━━ Material for the task

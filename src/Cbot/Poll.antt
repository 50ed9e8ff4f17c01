-- ===== src/Cbot/Poll.antt =====
-- `poll` of src/cbot/cbot.service.ts: the jobs that a cBot instance is to hold.
use ctreader.Prelude.{
  ℕ, ◌+◌, ◌*◌, String, Bool, true, false, ◌&&◌, ◌||◌, Option, none, some, List, [], ◌∷◌, map, ltb,
  leb, is_some, contains, keep, Exec, bad_request, pure, gets, modify, throw_if, ◌>>=◌, ◌>>◌,
  update_many, find_many,
}
use ctreader.Config.{Config}
use ctreader.Schema.{Db, TradeJob, TradeDirection, ExecutionMode, VolumeAllocationMode}
use ctreader.TradeJobs.State.{
  TradeJobStatus, includes, same_status, scheduled, synced, armed, submitted, partially_filled,
  filled, managed, missed,
}
use ctreader.Cbot.{entitlement, held_by_instance}

-- A job as the cBot receives it.
pub record PolledJob : Type 0 where
  pub id : ℕ
  pub version : ℕ
  pub symbol : String
  pub direction : TradeDirection
  pub execution_mode : ExecutionMode
  pub fixed_lot : Option ℕ
  pub stop_loss_points : ℕ
  pub take_profit_points : ℕ
  pub entry_distance_points : ℕ
  pub deviation_points : ℕ
  pub max_spread_points : ℕ
  pub arm_seconds : ℕ
  pub max_lateness_ms : ℕ
  pub pending_expiry_seconds : ℕ
  pub multi_trades_per_side : Option ℕ
  pub multi_next_step_points : Option ℕ
  pub multi_next_sl_points : Option ℕ
  pub multi_next_tp_points : Option ℕ
  pub volume_allocation_mode : Option VolumeAllocationMode
  pub take_profit2_points : Option ℕ
  pub take_profit3_points : Option ℕ
  pub reversal_gap_points : Option ℕ
  pub max_reversals : ℕ
  pub execute_at : ℕ
  pub expires_at : ℕ
  pub management_expires_at : Option ℕ
  pub cancel_requested : Bool
  pub close_requested : Bool

unfoldable pub polled : TradeJob → PolledJob
polled job = record {
  id = job.id;
  version = job.version;
  symbol = job.terms.symbol;
  direction = job.terms.direction;
  execution_mode = job.terms.execution_mode;
  fixed_lot = job.terms.fixed_lot;
  stop_loss_points = job.terms.stop_loss_points;
  take_profit_points = job.terms.take_profit_points;
  entry_distance_points = job.terms.entry_distance_points;
  deviation_points = job.terms.deviation_points;
  max_spread_points = job.terms.max_spread_points;
  arm_seconds = job.terms.arm_seconds;
  max_lateness_ms = job.terms.max_lateness_ms;
  pending_expiry_seconds = job.terms.pending_expiry_seconds;
  multi_trades_per_side = job.terms.multi_trades_per_side;
  multi_next_step_points = job.terms.multi_next_step_points;
  multi_next_sl_points = job.terms.multi_next_sl_points;
  multi_next_tp_points = job.terms.multi_next_tp_points;
  volume_allocation_mode = job.terms.volume_allocation_mode;
  take_profit2_points = job.terms.take_profit2_points;
  take_profit3_points = job.terms.take_profit3_points;
  reversal_gap_points = job.terms.reversal_gap_points;
  max_reversals = job.max_reversals;
  execute_at = job.execute_at;
  expires_at = job.expires_at;
  management_expires_at = job.management_expires_at;
  cancel_requested = is_some job.cancel_requested_at;
  close_requested = is_some job.close_requested_at;
}

pub record PollReply : Type 0 where
  pub server_time : ℕ
  pub accept_new_jobs : Bool
  pub trading_halted : Bool
  pub jobs : List PolledJob

-- A job that should have been reported on a minute ago and never was.
abbrev pub is_abandoned : ℕ → ℕ → TradeJob → Bool
is_abandoned now instance_id job =
    held_by_instance instance_id job
    && includes (scheduled ∷ synced ∷ armed ∷ []) job.status
    && leb (job.expires_at + 60000) now

unfoldable pub mark_missed : ℕ → TradeJob → TradeJob
mark_missed now job = record job { status = missed; updated_at = now }

-- The statuses of positions that are or may be in the market.
abbrev pub in_market : List TradeJobStatus
in_market = submitted ∷ partially_filled ∷ filled ∷ managed ∷ []

-- A user who may not start new jobs still gets those that are armed or in the market.
abbrev pub delivered_statuses : Bool → List TradeJobStatus
delivered_statuses true = scheduled ∷ synced ∷ armed ∷ in_market
delivered_statuses false = armed ∷ in_market

-- `{ gt: now }` on a column that may be empty.
abbrev pub after : ℕ → Option ℕ → Bool
after now none = false
after now (some at) = ltb now at

abbrev pub is_deliverable : ℕ → ℕ → Bool → ℕ → TradeJob → Bool
is_deliverable now instance_id accepts horizon job =
    held_by_instance instance_id job
    && includes (delivered_statuses accepts) job.status
    && leb job.execute_at (now + horizon * 60000)
    && (after now job.management_expires_at
        || ltb now job.expires_at
        || includes in_market job.status)

unfoldable pub mark_synced : ℕ → TradeJob → TradeJob
mark_synced now job = record job {
  status = synced;
  times = record (job.times) { synced_at = some now };
  updated_at = now;
}

abbrev pub fresh_ids : List TradeJob → List ℕ
fresh_ids jobs = map (λ (j : TradeJob). j.id) (keep (λ j. same_status j.status scheduled) jobs)

abbrev pub is_fresh : List TradeJob → TradeJob → Bool
is_fresh jobs job = contains (fresh_ids jobs) job.id && same_status job.status scheduled

unfoldable pub expire_abandoned : ℕ → ℕ → Db → Db
unfolding mark_missed
expire_abandoned now instance_id db = record db {
  jobs = update_many (is_abandoned now instance_id) (mark_missed now) db.jobs;
}

unfoldable pub sync_fresh : ℕ → List TradeJob → Db → Db
unfolding mark_synced
sync_fresh now jobs db = record db { jobs = update_many (is_fresh jobs) (mark_synced now) db.jobs }

unfoldable pub fetch : ℕ → ℕ → Bool → ℕ → Db → List TradeJob
fetch now instance_id accepts horizon db =
    find_many (is_deliverable now instance_id accepts horizon) (λ (j : TradeJob). j.execute_at) 50
      db.jobs

-- An update of no ids is not sent; it would change nothing.
unfoldable pub poll : Config → ℕ → ℕ → ℕ → ℕ → Exec Db PollReply
unfolding expire_abandoned sync_fresh fetch polled
poll cfg now instance_id user_id horizon = do
  throw_if (ltb horizon 1 || ltb 1440 horizon)
      (bad_request "horizonMinutes must be between 1 and 1440")
  access ← entitlement cfg now user_id
  modify (expire_abandoned now instance_id)
  jobs ← gets (fetch now instance_id access.accept_new_jobs horizon)
  modify (sync_fresh now jobs)
  pure (record {
    server_time = now;
    accept_new_jobs = access.accept_new_jobs;
    trading_halted = access.trading_halted;
    jobs = map polled jobs;
  })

━━━━

What you are asked to do:
Give back the records above exactly, limited to the lines between the one holding "volume_allocation_mode = job.terms.volume_allocation_mode;" and the one holding "max_reversals = job.max_reversals;", inclusive.

Output:
  volume_allocation_mode = job.terms.volume_allocation_mode;
  take_profit2_points = job.terms.take_profit2_points;
  take_profit3_points = job.terms.take_profit3_points;
  reversal_gap_points = job.terms.reversal_gap_points;
  max_reversals = job.max_reversals;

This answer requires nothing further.